Thanks for the replies. 
For the past few days there have been a couple of those large, mean, black, yellow and white birds (?) squawking loudly outside from morning through night. They are very aggressive and swoop and terrorize my dogs and Joey the cat whenever they go outdoors. I imagine they have a nest in one of the trees. Well...today it is quiet. I went outside to find one of the birds decapitated and lying in the bark. Joey strikes again!!

He is really a friendly cat, and was neutered when he showed up at my house, so may have belonged to someone but decided to stay here. I don't know. I advertised to find his home and no one claimed him. Everyone who comes to my house just loves him, he is so social and a great big love bug. He is also huge, as Maine Coons are.

I may well try feeding him tuna for a while, to see if it curbs his appetite for eating his prey. It wouldn't be as bad if he didn't eat them. Bleh! :? 

Thanks again. I will ask you experienced owners the next time I have another confusing cat behavior!


----------



## DylansMummy (May 23, 2004)

I have male maine **** (still only a kitten)

They say that a cat hunting and bringing their catch back to their home is their way of trying to teach us to hunt - like they would do their own kittens so I wouldn't get too mad at him. And I guess in the wild they would naturally eat their prey so to me it sounds kinda normal.

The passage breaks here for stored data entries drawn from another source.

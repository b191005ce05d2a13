-- ===== src/Tests.antt =====
-- The theorems at concrete inputs.
pub mod Disc
pub mod Sectors
pub mod Views
pub mod Trees
pub mod Volumes
pub mod Repairs
pub mod Recoveries
pub mod Closings
pub mod PrivateFiles
pub mod Adapters
pub mod Containers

I however do not know if eating rats could have any affect on your cat health wise etc. Dr Jean is best person to know that I guess!

Hayley x x


----------



## Zalensia (Aug 25, 2003)

Make sure you keep yer little fella up to date on all his shots, flea and worm treatment, rats and other animals carry lots of nasties which could kill your baby.


----------



## drjean (Jan 6, 2004)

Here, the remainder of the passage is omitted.